EXERCISE INSTRUCTIONS
Only the lines holding "where" are wanted here; copy each from the listing.
BEGIN
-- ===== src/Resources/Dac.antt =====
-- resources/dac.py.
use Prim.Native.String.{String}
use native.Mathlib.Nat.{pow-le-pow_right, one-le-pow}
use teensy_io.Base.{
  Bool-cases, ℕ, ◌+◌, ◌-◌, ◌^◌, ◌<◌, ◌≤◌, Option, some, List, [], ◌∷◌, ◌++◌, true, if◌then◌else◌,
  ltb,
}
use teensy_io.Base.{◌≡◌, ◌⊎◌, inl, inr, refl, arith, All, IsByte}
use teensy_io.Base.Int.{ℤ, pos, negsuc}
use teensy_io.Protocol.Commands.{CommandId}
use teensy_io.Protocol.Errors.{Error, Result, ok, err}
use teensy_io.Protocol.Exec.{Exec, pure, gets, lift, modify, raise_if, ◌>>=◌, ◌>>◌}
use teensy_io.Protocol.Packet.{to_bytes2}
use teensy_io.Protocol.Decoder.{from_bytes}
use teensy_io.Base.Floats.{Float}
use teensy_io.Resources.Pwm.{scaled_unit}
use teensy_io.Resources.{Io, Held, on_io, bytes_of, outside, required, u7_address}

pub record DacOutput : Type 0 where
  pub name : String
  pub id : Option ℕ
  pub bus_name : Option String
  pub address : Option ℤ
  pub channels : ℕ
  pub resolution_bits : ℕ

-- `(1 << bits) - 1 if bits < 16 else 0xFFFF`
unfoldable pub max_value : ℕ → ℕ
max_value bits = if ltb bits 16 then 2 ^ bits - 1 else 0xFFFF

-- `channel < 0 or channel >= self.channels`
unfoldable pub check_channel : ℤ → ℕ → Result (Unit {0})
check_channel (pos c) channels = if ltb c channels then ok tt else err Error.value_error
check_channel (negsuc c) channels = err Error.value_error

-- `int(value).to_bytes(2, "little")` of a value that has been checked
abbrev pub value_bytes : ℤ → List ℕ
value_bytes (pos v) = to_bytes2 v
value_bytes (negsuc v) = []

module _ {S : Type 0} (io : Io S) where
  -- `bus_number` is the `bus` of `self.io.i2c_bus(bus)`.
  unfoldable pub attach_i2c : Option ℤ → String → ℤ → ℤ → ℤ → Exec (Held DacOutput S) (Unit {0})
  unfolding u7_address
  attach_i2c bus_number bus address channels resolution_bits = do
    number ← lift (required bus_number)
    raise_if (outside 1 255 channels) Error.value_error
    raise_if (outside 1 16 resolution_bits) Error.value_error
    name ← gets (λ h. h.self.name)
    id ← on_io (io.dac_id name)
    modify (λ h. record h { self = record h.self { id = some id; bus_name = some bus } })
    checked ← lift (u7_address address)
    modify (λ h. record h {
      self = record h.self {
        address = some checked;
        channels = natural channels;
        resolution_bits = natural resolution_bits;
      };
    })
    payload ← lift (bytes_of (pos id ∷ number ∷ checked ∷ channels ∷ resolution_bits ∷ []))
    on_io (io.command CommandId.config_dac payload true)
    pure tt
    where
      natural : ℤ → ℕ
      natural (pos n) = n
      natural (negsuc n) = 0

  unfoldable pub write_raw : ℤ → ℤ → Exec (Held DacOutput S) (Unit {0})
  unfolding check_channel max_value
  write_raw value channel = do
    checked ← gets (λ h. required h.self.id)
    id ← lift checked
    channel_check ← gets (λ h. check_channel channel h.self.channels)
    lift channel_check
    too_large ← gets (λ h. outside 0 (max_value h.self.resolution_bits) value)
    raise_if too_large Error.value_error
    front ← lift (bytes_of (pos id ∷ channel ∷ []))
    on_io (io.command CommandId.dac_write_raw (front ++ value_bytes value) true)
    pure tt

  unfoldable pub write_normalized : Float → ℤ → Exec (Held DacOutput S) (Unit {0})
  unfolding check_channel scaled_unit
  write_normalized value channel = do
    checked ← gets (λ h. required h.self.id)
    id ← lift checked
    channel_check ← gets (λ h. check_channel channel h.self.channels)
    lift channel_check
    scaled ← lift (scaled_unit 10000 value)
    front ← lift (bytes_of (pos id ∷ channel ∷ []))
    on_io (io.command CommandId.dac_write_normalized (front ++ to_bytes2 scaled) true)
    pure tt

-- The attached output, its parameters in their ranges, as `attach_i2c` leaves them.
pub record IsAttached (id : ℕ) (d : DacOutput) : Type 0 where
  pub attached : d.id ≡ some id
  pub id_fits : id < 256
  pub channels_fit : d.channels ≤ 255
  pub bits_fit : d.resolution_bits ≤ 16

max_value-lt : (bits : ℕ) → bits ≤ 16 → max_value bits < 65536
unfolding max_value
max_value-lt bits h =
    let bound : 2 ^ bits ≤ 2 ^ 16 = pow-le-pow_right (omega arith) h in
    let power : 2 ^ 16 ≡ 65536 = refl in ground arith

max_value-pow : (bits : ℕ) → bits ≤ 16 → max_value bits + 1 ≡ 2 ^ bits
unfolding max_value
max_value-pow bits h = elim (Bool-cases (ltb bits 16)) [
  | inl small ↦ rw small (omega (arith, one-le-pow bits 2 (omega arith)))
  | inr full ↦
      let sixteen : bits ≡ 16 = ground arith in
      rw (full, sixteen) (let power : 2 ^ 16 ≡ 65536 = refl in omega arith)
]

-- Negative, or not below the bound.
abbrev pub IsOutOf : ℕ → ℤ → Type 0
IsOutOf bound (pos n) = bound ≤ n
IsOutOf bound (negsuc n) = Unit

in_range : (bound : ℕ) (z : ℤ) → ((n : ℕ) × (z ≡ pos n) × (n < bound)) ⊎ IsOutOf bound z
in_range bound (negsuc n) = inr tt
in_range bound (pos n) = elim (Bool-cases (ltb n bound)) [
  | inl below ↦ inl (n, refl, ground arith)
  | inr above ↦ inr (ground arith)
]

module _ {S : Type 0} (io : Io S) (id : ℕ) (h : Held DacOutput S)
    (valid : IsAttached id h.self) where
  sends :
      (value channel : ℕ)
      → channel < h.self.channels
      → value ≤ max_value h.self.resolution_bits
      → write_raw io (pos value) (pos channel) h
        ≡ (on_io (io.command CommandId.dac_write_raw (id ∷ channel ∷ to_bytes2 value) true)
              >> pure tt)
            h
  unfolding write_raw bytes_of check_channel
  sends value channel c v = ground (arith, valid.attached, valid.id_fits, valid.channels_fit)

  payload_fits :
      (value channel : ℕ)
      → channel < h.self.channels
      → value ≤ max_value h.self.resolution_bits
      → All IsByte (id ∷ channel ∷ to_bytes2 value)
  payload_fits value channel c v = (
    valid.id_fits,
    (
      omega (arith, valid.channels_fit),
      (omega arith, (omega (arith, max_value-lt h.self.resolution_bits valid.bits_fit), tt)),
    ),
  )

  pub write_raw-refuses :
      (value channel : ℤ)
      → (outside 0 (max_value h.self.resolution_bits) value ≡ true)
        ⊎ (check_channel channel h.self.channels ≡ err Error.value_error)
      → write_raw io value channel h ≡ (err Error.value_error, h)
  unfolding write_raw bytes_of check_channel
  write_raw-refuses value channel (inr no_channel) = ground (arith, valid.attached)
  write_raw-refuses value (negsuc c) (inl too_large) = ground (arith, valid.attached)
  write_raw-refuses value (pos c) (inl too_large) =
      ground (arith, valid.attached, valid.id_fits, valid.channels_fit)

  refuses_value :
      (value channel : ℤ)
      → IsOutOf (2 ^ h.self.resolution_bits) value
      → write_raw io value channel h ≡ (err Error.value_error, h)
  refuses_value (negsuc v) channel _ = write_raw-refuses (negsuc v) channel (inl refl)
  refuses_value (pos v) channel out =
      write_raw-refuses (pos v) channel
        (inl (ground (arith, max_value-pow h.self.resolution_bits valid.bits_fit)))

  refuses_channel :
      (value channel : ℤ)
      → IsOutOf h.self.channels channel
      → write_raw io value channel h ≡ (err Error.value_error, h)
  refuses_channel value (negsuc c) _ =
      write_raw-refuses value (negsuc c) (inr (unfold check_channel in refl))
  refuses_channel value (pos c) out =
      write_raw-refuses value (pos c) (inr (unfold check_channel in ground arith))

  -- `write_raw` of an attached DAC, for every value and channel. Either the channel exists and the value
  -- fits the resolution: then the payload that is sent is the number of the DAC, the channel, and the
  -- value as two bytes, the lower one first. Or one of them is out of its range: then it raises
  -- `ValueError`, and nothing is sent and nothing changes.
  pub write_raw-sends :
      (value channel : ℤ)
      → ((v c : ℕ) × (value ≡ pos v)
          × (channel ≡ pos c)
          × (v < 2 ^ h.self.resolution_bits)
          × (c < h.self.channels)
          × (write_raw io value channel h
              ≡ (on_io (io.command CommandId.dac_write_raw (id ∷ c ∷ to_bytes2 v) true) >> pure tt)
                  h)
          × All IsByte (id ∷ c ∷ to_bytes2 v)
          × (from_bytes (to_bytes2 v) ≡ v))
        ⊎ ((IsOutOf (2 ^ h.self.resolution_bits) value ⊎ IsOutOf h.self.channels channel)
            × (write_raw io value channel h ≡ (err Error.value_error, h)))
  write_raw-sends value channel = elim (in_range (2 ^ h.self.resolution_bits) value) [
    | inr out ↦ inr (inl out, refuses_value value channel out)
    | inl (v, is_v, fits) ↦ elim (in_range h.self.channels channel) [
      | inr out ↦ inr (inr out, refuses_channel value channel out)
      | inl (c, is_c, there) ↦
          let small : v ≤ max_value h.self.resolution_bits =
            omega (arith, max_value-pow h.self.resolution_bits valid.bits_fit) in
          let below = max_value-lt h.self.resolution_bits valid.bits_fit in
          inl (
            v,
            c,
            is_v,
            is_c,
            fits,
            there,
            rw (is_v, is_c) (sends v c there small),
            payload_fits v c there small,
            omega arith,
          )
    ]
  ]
END
ANSWER FOR THIS EXERCISE
pub record DacOutput : Type 0 where
module _ {S : Type 0} (io : Io S) where
    where
pub record IsAttached (id : ℕ) (d : DacOutput) : Type 0 where
    (valid : IsAttached id h.self) where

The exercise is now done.